9      Creating a performance measurement with user-defined metrics

Among others, user-defined metrics allow G-PM to display scalar data produced by the application in near real time. As an example, the DaveF application simulates the evolution of water stage in a river over time. The application’s main loop, which is the simulation’s time loop, has been instrumented with a probe at the beginning of each iteration. This probe receives the current simulation time as a parameter. Via a user-defined metrics, G-PM can display the solver’s current simulation time, e.g. in the form of a bar graph, resulting in an on-line progress bar.

The specification of this metrics is:

Simulation_Time(Process p, VirtualTime vt)

{

PROBE loop_start(Process, VirtualTime, double);

double simtime;

return simtime AT loop_start(p, vt, simtime);

}

This metrics applies to a single process only. It is based on virtual time, i.e. there is a result for each occurrence of a probe event. The first line of the body declares the probe, whose last parameter is a floating point value containing the simulation time. The last line of the body states that the result of this metrics is the value of the probe’s last parameter, at the point in time, where this probe is executed. All together, the metrics returns the value of the simulation time for each execution of the probe, i.e. for each execution of DaveF’s time loop.

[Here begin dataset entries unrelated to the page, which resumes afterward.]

-- ===== src/Session/Ice/Remote.antt =====
-- app/src/webrtc/session.cpp: the remote candidates that the peer connection gets.
use booster_nx.Common.{
  ◌≡◌, refl, true, false, ◌||◌, List, [], ◌∷◌, ◌++◌, All, ℕ, Bool-cases, inl, inr, arith,
}
use booster_nx.Session.Ice.{add_candidate, Ice, same_text, is_member, add_remote}

abbrev pub Distinct : List (List ℕ) → Type 0
Distinct [] = Unit {0}
Distinct (x ∷ xs) = (is_member x xs ≡ false) × Distinct xs

same_text_comm : (x y : List ℕ) → same_text x y ≡ same_text y x
same_text_comm [] [] = refl
same_text_comm [] (y ∷ ys) = refl
same_text_comm (x ∷ xs) [] = refl
same_text_comm (x ∷ xs) (y ∷ ys) = ground (arith, same_text_comm xs ys)

same_text_refl : (x : List ℕ) → same_text x x ≡ true
same_text_refl [] = refl
same_text_refl (x ∷ xs) = ground (arith, same_text_refl xs)

is_member-append :
    (c d : List ℕ) (xs : List (List ℕ))
    → is_member c (xs ++ (d ∷ [])) ≡ (is_member c xs || same_text c d)
unfolding is_member
is_member-append c d [] = ground arith
is_member-append c d (x ∷ xs) = ground (arith, is_member-append c d xs)

Distinct-snoc :
    (xs : List (List ℕ)) (c : List ℕ)
    → Distinct xs
    → is_member c xs ≡ false
    → Distinct (xs ++ (c ∷ []))
unfolding is_member
Distinct-snoc [] c h new = (refl, tt)
Distinct-snoc (x ∷ xs) c h new = (
  ground (arith, is_member-append x c xs, same_text_comm x c, h.0, new),
  Distinct-snoc xs c h.1 (ground (arith, new)),
)

add_candidate-Distinct :
    (s : Ice) (c : List ℕ) → Distinct s.added → Distinct (add_candidate true s c).added
add_candidate-Distinct s c h = elim (Bool-cases (is_member c s.added)) [
  | inl e ↦ rw e h
  | inr e ↦ rw e (Distinct-snoc s.added c h e)
]

add_candidate-keeps :
    (s : Ice) (c d : List ℕ)
    → is_member d s.added ≡ true
    → is_member d (add_candidate true s c).added ≡ true
add_candidate-keeps s c d h = elim (Bool-cases (is_member c s.added)) [
  | inl e ↦ rw e h
  | inr e ↦ rw e (ground (arith, is_member-append d c s.added, h))
]

add_candidate-adds : (s : Ice) (c : List ℕ) → is_member c (add_candidate true s c).added ≡ true
add_candidate-adds s c = elim (Bool-cases (is_member c s.added)) [
  | inl e ↦ rw e e
  | inr e ↦ rw e (ground (arith, is_member-append c c s.added, same_text_refl c))
]

add_remote-Distinct :
    (cs : List (List ℕ)) (s : Ice) → Distinct s.added → Distinct (add_remote true s cs).added
unfolding add_remote
add_remote-Distinct [] s h = h
add_remote-Distinct (c ∷ cs) s h =
    add_remote-Distinct cs (add_candidate true s c) (add_candidate-Distinct s c h)

add_remote-keeps :
    (cs : List (List ℕ)) (s : Ice) (d : List ℕ)
    → is_member d s.added ≡ true
    → is_member d (add_remote true s cs).added ≡ true
unfolding add_remote
add_remote-keeps [] s d h = h
add_remote-keeps (c ∷ cs) s d h =
    add_remote-keeps cs (add_candidate true s c) d (add_candidate-keeps s c d h)

add_remote-adds :
    (cs : List (List ℕ)) (s : Ice) → All (λ c. is_member c (add_remote true s cs).added ≡ true) cs
unfolding add_remote
add_remote-adds [] s = tt
add_remote-adds (c ∷ cs) s = (
  add_remote-keeps cs (add_candidate true s c) c (add_candidate-adds s c),
  add_remote-adds cs (add_candidate true s c),
)

-- The answers of the polls one after the other.
unfoldable pub poll_all : Ice → List (List (List ℕ)) → Ice
poll_all s [] = s
poll_all s (cs ∷ rest) = poll_all (add_remote true s cs) rest

poll_all-keeps :
    (polls : List (List (List ℕ))) (s : Ice) (d : List ℕ)
    → is_member d s.added ≡ true
    → is_member d (poll_all s polls).added ≡ true
unfolding poll_all
poll_all-keeps [] s d h = h
poll_all-keeps (cs ∷ rest) s d h =
    poll_all-keeps rest (add_remote true s cs) d (add_remote-keeps cs s d h)

All-keeps :
    (cs : List (List ℕ)) (polls : List (List (List ℕ))) (s : Ice)
    → All (λ c. is_member c s.added ≡ true) cs
    → All (λ c. is_member c (poll_all s polls).added ≡ true) cs
All-keeps [] polls s h = tt
All-keeps (c ∷ cs) polls s h = (poll_all-keeps polls s c h.0, All-keeps cs polls s h.1)

-- With a peer connection, whatever the polls return and however often they repeat it, every candidate
-- they return is passed to the peer connection, and none is passed twice.
pub poll_all-Distinct :
    (s : Ice) (polls : List (List (List ℕ)))
    → Distinct s.added
    → Distinct (poll_all s polls).added
      × All (λ cs. All (λ c. is_member c (poll_all s polls).added ≡ true) cs) polls
unfolding poll_all
poll_all-Distinct s [] h = (h, tt)
poll_all-Distinct s (cs ∷ rest) h =
    let r = poll_all-Distinct (add_remote true s cs) rest (add_remote-Distinct cs s h) in
    (r.0, (All-keeps cs rest (add_remote true s cs) (add_remote-adds cs s), r.1))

There are two methods to define this metrics in G-PM:

 

Fig. 6 Metrics specification window

After this step, select Measurements->New from the menu to open the measurement definition window. You will find a new metrics Simulation_Time in the metrics list. In a similar way as outlined in Sec. 3.5, you should now define a measurement of this metrics for process 0 of the DaveF application (see Fig. 7). Since the DaveF’s time loop is synchronized between processes, the result of measuring the metrics for process 1 would be the same.

 

Fig. 7 Definition of a measurement of user-defined metrics Simulation_Time

 

Now, create a bar graph visualization window, following the steps explained in Sect.6. You should set the upper boundary of the scale to the value 10. The resulting bar graph (see Fig. 8) indicates the progress of the application in terms of its current simulation time. In the example, DaveF has just simulated 1.45 hours of a flood.

 

Fig. 8 Bar graph showing DaveF’s current simulation time

 

10  Finalizing the performance measurement session.

To close the performance measurement session, the user should close all open visualization windows using the Quit buttons and exit the tool with File->Exit.